Nguyen Thi H O, Cohen Carolyn A, Rowntree Louise C, Bull Maireid B, Hachim Asmaa, Kedzierska Katherine, Valkenburg Sophie A
Department of Microbiology and Immunology, The Peter Doherty Institute for Infection and Immunity, The University of Melbourne, Melbourne, VIC, Australia.
HKU-Pasteur Research Pole, Li Ka Shing Faculty of Medicine, School of Public Health, The University of Hong Kong, Pokfulam, Hong Kong SAR, China.
Front Med (Lausanne). 2021 Dec 24;8:793102. doi: 10.3389/fmed.2021.793102. eCollection 2021.

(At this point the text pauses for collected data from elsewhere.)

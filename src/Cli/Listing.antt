-- ===== src/Cli/Listing.antt =====
-- crates/syauth-cli/src/list.rs: `syauth list`. The rendered time of `format_rfc3339` is a parameter,
-- with `none` for its error.
use syauth.Base.{ℕ, Text, text, [], ◌∷◌, ◌++◌, Option, none, some, flat_map}
use syauth.Core.Bond.{Bond, BondStatus, bonded, revoked, BondStore}

abbrev pub list_empty_hint : Text
list_empty_hint = text "(no bonds; run `syauth pair` to add one)"

abbrev pub list_field_sep : Text
list_field_sep = text "\t"

abbrev pub render_status : BondStatus → Text
render_status bonded = text "bonded"
render_status (revoked reason) = text "revoked:" ++ reason

abbrev pub render_row : (ℕ → Option Text) → Bond → Text
render_row format_rfc3339 b =
    b.peer_id
    ++ (list_field_sep
        ++ (b.name
            ++ (list_field_sep
                ++ (render_status b.status
                    ++ (list_field_sep
                        ++ ((elim (format_rfc3339 b.created_at) [ none ↦ text "?" | some t ↦ t ])
                            ++ text "\n"))))))

-- What `render_list_to` writes.
abbrev pub render_list : (ℕ → Option Text) → BondStore → Text
render_list format_rfc3339 store = elim store.bonds [
  | [] ↦ list_empty_hint ++ text "\n"
  | b ∷ bs ↦ flat_map (render_row format_rfc3339) (b ∷ bs)
]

T cell responses are a key cornerstone to viral immunity to drive high-quality antibody responses, establishing memory for recall and for viral clearance. Inefficient recruitment of T cell responses plays a role in the development of severe COVID-19 and is also represented by reduced cellular responses in men, children, and diversity compared with other epitope-specific subsets and available T cell receptor diversity. SARS-CoV-2-specific T cell responses are elicited by multiple vaccine formats and augmented by prior infection for hybrid immunity. Epitope conservation is relatively well-maintained leading to T cell crossreactivity for variants of concern that have diminished serological responses.
T细胞反应是病毒免疫的关键基石,可驱动高质量的抗体反应,建立用于回忆和病毒清除的记忆。T细胞反应募集效率低下在重症COVID-19的发展中起作用,并且在男性、儿童中以及与其他表位特异性亚群和可用的T细胞受体多样性相比的多样性方面,细胞反应减少也体现了这一点。多种疫苗形式可引发针对严重急性呼吸综合征冠状病毒2(SARS-CoV-2)的T细胞反应,既往感染可增强T细胞反应以产生混合免疫。表位保守性相对良好地得以维持,导致对血清学反应减弱的关注变异株产生T细胞交叉反应。